Task to carry out: Check each line of the material for the string "Prelude", and copy the lines that have it.

Provided information:
"""
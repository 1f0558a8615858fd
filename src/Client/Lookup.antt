-- ===== src/Client/Lookup.antt =====
-- What a lookup of ducks returns: each of its outcomes, with the calls that lead to it.
use Prim.Native.Char.{Char}
use ducks.Prelude.{
  String, ◌≡◌, ◌≢◌, ◌⊎◌, inl, inr, refl, Bool, true, false, [], ◌∷◌, Bool-cases, ◌∙◌, ◌==◌,
  if◌then◌else◌,
}
use ducks.Prelude.Text.{◌<>◌}
use ducks.Prelude.Exec.{Result, ok, err, outcome_cases}
use ducks.Schema.{Schema, GroupKind, TypeMeta}
use ducks.Conditions.{Conditions}
use ducks.Api.{DuckType}
use ducks.Api.Webhook.{duck_type_default}
use ducks.Client.Wrapped.{Upstream}
use ducks.Client.Select.{
  Ducks, duck_type_is_ready, duck_list_meta, select_ducks, IsBlank, Selects, select_ducks-Selects,
}
use ducks.Client.{
  ClientError, unknown_duck_type, unknown_duck, duck_type_not_ready, other, read_items, check_found,
  find_ducks,
}

module _ (s : Schema) (c : Conditions) (lower : Char → Char) (u : Upstream c.Status) where
  open u use {World, Error}

  abbrev defaulted : DuckType c.Status → DuckType c.Status
  defaulted t = duck_type_default lower t

  -- The list of the ducks of a duck type, in its group and `v1`: of its list kind or, where it has
  -- none, of its kind with `List`.
  abbrev pub reads : DuckType c.Status → Bool → World → Result Error (Ducks c) × World
  reads t track w =
      let meta : TypeMeta = record {
        api_version = s.group_version_string (record { group = t.spec.group; version = "v1" });
        kind = if t.spec.list_kind == "" then t.spec.kind <> "List" else t.spec.list_kind;
      } in
      if track then u.track_and_list_ducks meta w else u.list_ducks meta w

  reads-eq :
      (t : DuckType c.Status) (track : Bool) (w : World)
      → reads t track w ≡ read_items s c lower u (defaulted t) track w
  unfolding duck_list_meta duck_type_default
  reads-eq t true w = refl
  reads-eq t false w = refl

  -- The outcomes of a lookup in the world `w`.
  pub data Finds (name : String) (gk : GroupKind) (track : Bool) (w : World)
      : Result (ClientError Error) (Ducks c) × World → Type 0 where
    no_such_type :
        {e : Error} {w₁ : World}
        → u.get_duck_type name w ≡ (err e, w₁)
        → u.is_not_found e ≡ true
        → Finds name gk track w (err unknown_duck_type, w₁)
    type_unread :
        {e : Error} {w₁ : World}
        → u.get_duck_type name w ≡ (err e, w₁)
        → u.is_not_found e ≡ false
        → Finds name gk track w (err (other e), w₁)
    type_not_ready :
        {t : DuckType c.Status} {w₁ : World}
        → u.get_duck_type name w ≡ (ok t, w₁)
        → duck_type_is_ready c t ≡ false
        → Finds name gk track w (err duck_type_not_ready, w₁)
    items_unread :
        {t : DuckType c.Status} {e : Error} {w₁ w₂ : World}
        → u.get_duck_type name w ≡ (ok t, w₁)
        → duck_type_is_ready c t ≡ true
        → reads t track w₁ ≡ (err e, w₂)
        → Finds name gk track w (err (other e), w₂)
    nothing_wanted :
        {t : DuckType c.Status} {items : Ducks c} {w₁ w₂ : World}
        → u.get_duck_type name w ≡ (ok t, w₁)
        → duck_type_is_ready c t ≡ true
        → reads t track w₁ ≡ (ok items, w₂)
        → ¬ IsBlank s c gk
        → Selects s c gk items []
        → Finds name gk track w (err unknown_duck, w₂)
    found :
        {t : DuckType c.Status} {items selected : Ducks c} {w₁ w₂ : World}
        → u.get_duck_type name w ≡ (ok t, w₁)
        → duck_type_is_ready c t ≡ true
        → reads t track w₁ ≡ (ok items, w₂)
        → IsBlank s c gk ⊎ (selected ≢ [])
        → Selects s c gk items selected
        → Finds name gk track w (ok selected, w₂)

  module _ (name : String) (gk : GroupKind) (track : Bool) (w : World) where
    default_keeps_ready :
        (t : DuckType c.Status) → duck_type_is_ready c (defaulted t) ≡ duck_type_is_ready c t
    unfolding duck_type_default duck_type_is_ready
    default_keeps_ready t = refl

    module _ {t : DuckType c.Status} {w₁ : World} (read : u.get_duck_type name w ≡ (ok t, w₁))
        (ready : duck_type_is_ready c t ≡ true) where
      checked :
          {items : Ducks c} {w₂ : World}
          → read_items s c lower u (defaulted t) track w₁ ≡ (ok items, w₂)
          → (out : Ducks c) → Selects s c gk items out
          → Finds name gk track w (check_found s c lower u gk out w₂)
      checked listed [] sel = elim (Bool-cases (s.is_empty gk)) [
        | inl blank ↦ rw blank (
            found read ready (reads-eq t track w₁ ∙ listed) (inl ((s.is_empty_iff gk).0 blank)) sel)
        | inr named ↦ rw named (
            nothing_wanted read ready (reads-eq t track w₁ ∙ listed)
              (λ b. cc ((s.is_empty_iff gk).1 b)) sel)
      ]
      checked listed (d ∷ out) sel = elim (Bool-cases (s.is_empty gk)) [
        | inl blank ↦ rw blank (found read ready (reads-eq t track w₁ ∙ listed) (inr (λ e. cc)) sel)
        | inr named ↦ rw named (found read ready (reads-eq t track w₁ ∙ listed) (inr (λ e. cc)) sel)
      ]

    -- From every world a lookup ends as `Finds` says: with an error where the duck type is missing,
    -- unreadable or not ready, where its ducks are unreadable, or where none is wanted although a
    -- kind is asked for; and otherwise with the wanted ducks. Each outcome names its calls in order.
    pub find_ducks-Finds : Finds name gk track w (find_ducks s c lower u name gk track w)
    unfolding find_ducks
    find_ducks-Finds = elim (outcome_cases (u.get_duck_type name w)) [
      | inr (e, w₁, failed) ↦ elim (Bool-cases (u.is_not_found e)) [
        | inl missing ↦ rw (failed, missing) (no_such_type failed missing)
        | inr broken ↦ rw (failed, broken) (type_unread failed broken)
      ]
      | inl (t, w₁, read) ↦ elim (Bool-cases (duck_type_is_ready c t)) [
        | inr waits ↦ rw (read, default_keeps_ready t, waits) (type_not_ready read waits)
        | inl ready ↦
            rw (read, default_keeps_ready t, ready)
              (elim (outcome_cases (read_items s c lower u (defaulted t) track w₁)) [
                | inr (e, w₂, failed) ↦
                    rw failed (items_unread read ready (reads-eq t track w₁ ∙ failed))
                | inl (items, w₂, listed) ↦ rw listed (
                    checked read ready listed (select_ducks s c gk items)
                      (select_ducks-Selects s c gk items))
              ])
      ]
    ]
"""
Finished exercise:
use ducks.Prelude.{
use ducks.Prelude.Text.{◌<>◌}
use ducks.Prelude.Exec.{Result, ok, err, outcome_cases}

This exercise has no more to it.